* Provided records
-- ===== src/Restic/Command.antt =====
-- foundation/restic: the repository, the environment of one restic process (restic.go) and the
-- command line of a backup (backup.go).
pub mod Environment
use sion_backup.Prelude.{
  ℕ, Bool, true, false, Option, none, some, List, [], ◌∷◌, ◌++◌, ℤ, pos, negsuc, ltb, ltb_ℤ, not,
  ◌&&◌, ◌||◌, if◌then◌else◌,
}
use sion_backup.Prelude.Text.{Text, codes, cut, has_prefix, is_empty, itoa}

pub record Repository : Type 0 where
  pub url : Text
  pub password : Text
  pub access_key_id : Text
  pub secret_access_key : Text
  pub pack_size_mib : ℤ
  pub read_concurrency : ℤ

pub data RepositoryError : Type 0 where
  no_url no_password no_keys : RepositoryError

unfoldable pub validate : Repository → Option RepositoryError
validate r =
    if is_empty r.url
    then some no_url
    else if is_empty r.password
    then some no_password
    else if is_empty r.access_key_id || is_empty r.secret_access_key
    then some no_keys
    else none

-- The variables that no restic process inherits.
abbrev pub is_ours : Text → Bool
is_ours name = has_prefix name (codes "RESTIC_") || has_prefix name (codes "AWS_")

abbrev pub kept_if : Option (Text × Text) → Text → List Text → List Text
kept_if none kv rest = rest
kept_if (some (name, value)) kv rest = if is_ours name then rest else kv ∷ rest

-- The variables that are passed on, out of those of the program.
unfoldable pub inherited : List Text → List Text
inherited [] = []
inherited (kv ∷ env) = kept_if (cut b'=' kv) kv (inherited env)

abbrev pub if_positive : ℤ → Text → List Text
if_positive n name = if ltb_ℤ (pos 0) n then (name ++ itoa n) ∷ [] else []

-- The variables that the program sets.
abbrev pub settings : Repository → List Text
settings r =
    (codes "RESTIC_REPOSITORY=" ++ r.url)
    ∷ (codes "RESTIC_PASSWORD=" ++ r.password)
    ∷ (codes "AWS_ACCESS_KEY_ID=" ++ r.access_key_id)
    ∷ (codes "AWS_SECRET_ACCESS_KEY=" ++ r.secret_access_key)
    ∷ (if_positive r.pack_size_mib (codes "RESTIC_PACK_SIZE=")
        ++ if_positive r.read_concurrency (codes "RESTIC_READ_CONCURRENCY="))

unfoldable pub env : List Text → Repository → List Text
env environ r = inherited environ ++ settings r

-- BackupOptions, as the command line uses them.
pub record BackupOptions : Type 0 where
  pub targets : List Text
  pub exclude_file : Text
  pub excludes : List Text
  pub tags : List Text
  pub host : Text
  pub use_fs_snapshot : Bool
  pub one_file_system : Bool
  pub exclude_larger_than : ℤ

abbrev pub flag : Bool → Text → List Text
flag on name = if on then name ∷ [] else []

abbrev pub valued : Text → Text → List Text
valued name value = if is_empty value then [] else name ∷ value ∷ []

abbrev pub each : Text → List Text → List Text
each name [] = []
each name (v ∷ vs) = name ∷ v ∷ each name vs

abbrev pub larger_than : ℤ → List Text
larger_than n =
    if ltb_ℤ (pos 0) n then codes "--exclude-larger-than" ∷ (itoa n ++ codes "B") ∷ [] else []

-- The options before the bare "--".
abbrev pub backup_flags : Bool → BackupOptions → List Text
backup_flags windows o =
    codes "backup"
    ∷ codes "--json"
    ∷ (flag o.use_fs_snapshot (codes "--use-fs-snapshot")
        ++ flag (o.one_file_system && not windows) (codes "--one-file-system")
        ++ valued (codes "--host") o.host
        ++ each (codes "--tag") o.tags
        ++ valued (codes "--exclude-file") o.exclude_file
        ++ each (codes "--exclude") o.excludes
        ++ larger_than o.exclude_larger_than)

unfoldable pub backup_args : Bool → BackupOptions → List Text
backup_args windows o = backup_flags windows o ++ codes "--" ∷ o.targets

* Exercise goal
Please go through the material and return each line where the word "unfoldable" appears.

* Task solution
unfoldable pub validate : Repository → Option RepositoryError
unfoldable pub inherited : List Text → List Text
unfoldable pub env : List Text → Repository → List Text
unfoldable pub backup_args : Bool → BackupOptions → List Text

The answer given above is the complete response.